Friday, September 21, 2007 11:05 AM

Is Israel a European country?

That is the core question. The notion that Israel is a European colony within the middle east has been the founding principle of those opposed to the existence of Israel since 1948. The notion that Israel as not a colony but an experiment in hope - that a multi-ethnic country of Jews and Arabs could exist in the middle east - will be dead if Israel joins NATO because the issue goes back to colonialism: is it right or wrong for there to be a European colony in the middle east? Middle Easterners (and anti-colonialists everywhere) will always answer that question in the negative.

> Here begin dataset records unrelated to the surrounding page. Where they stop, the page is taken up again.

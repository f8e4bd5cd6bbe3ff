-- ===== src/Json.antt =====
-- `serde_json::Value`, as the code takes it apart. `Number` stands for `serde_json::Number`.
use mooncache.Prelude.{Bool, true, false, Option, none, some, ◌==◌, if◌then◌else◌, Text, text_eq}

mutual
  pub data Json (Number : Type 0) : Type 0 where
    null : Json Number
    boolean : Bool → Json Number
    number : Number → Json Number
    string : Text → Json Number
    array : Items Number → Json Number
    object : Members Number → Json Number

  pub data Items (Number : Type 0) : Type 0 where
    no_items : Items Number
    item : Json Number → Items Number → Items Number

  pub data Members (Number : Type 0) : Type 0 where
    no_members : Members Number
    member : Text → Json Number → Members Number → Members Number

module _ {Number : Type 0} where
  -- `Map::get`
  unfoldable pub get_member : Text → Members Number → Option (Json Number)
  get_member key no_members = none
  get_member key (member name value rest) = if name == key then some value else get_member key rest

  -- `Map::remove`
  unfoldable pub remove_member : Text → Members Number → Members Number
  remove_member key no_members = no_members
  remove_member key (member name value rest) =
      if name == key then rest else member name value (remove_member key rest)

  -- `Map::contains_key`
  unfoldable pub has_member : Text → Members Number → Bool
  has_member key members = elim (get_member key members) [ none ↦ false | some _ ↦ true ]

  -- `Value::get` with a name: nothing but an object has members.
  unfoldable pub get : Text → Json Number → Option (Json Number)
  get key (object members) = get_member key members
  get key _ = none

  -- `Value::as_bool`
  unfoldable pub as_bool : Json Number → Option Bool
  as_bool (boolean b) = some b
  as_bool _ = none

  -- `Value::as_str`
  unfoldable pub as_str : Json Number → Option Text
  as_str (string s) = some s
  as_str _ = none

Saturday, September 22, 2007 12:51 PM

Way to go KitchenGirl

But you should probably just let Anonymous Fascist be. You're gonna give youself an ulcer. Those who are eager to lock up/taser/shoot eccentrics who make them feel uncomfortable aren't worth the time.

Monday, September 24, 2007 07:40 AM

The Iranians are sending weapons into Iraq!

Good thing we don't do that sort of thing.

They're also sending in adviors!

Good thing we... oh, you get the idea. The difference between what the Iranians are doing in Iraq and what the US is doing, is that the Iraqis generally seem to want the Iranians there. Either there will be never-ending war in that part of the world, or Iraq will become a full and friendly ally of Iran. Guess which option our right-wing seems to prefer?

Oh, and the 'anonymous' who's repeatedly posting reminds me of an old and predictable Salon troll, RealName, who seems to have gone underground.

Monday, September 24, 2007 02:47 PM
Original article: Lee Bollinger's big moment

@typesbad

Yes, all these people are making Ahmadinejad look reasonable, which isn't easy to do. Protesters claim they don't want Ahmadinejad spewing his 'hate,' when Bollinger boils over with it. Bollinger has the nerve to call him an intellectual coward? Who's speaking to 'the enemy' on their home turf? Every criticism I've ever seen leveled at Iran, valid though it may be, pales in comparison to what can be said about Saudi Arabia. A dictatorship? Treatment of women and homosexuals? Yet, when was the last time there were mass protests when the Saudi crown prince was visiting? Oh yeah, they're 'our brave friends.'

Tuesday, September 25, 2007 09:51 AM

Hmm.

Is Bush taking it for granted that Clinton is going to be the next president?

Well that's interesting in and of itself.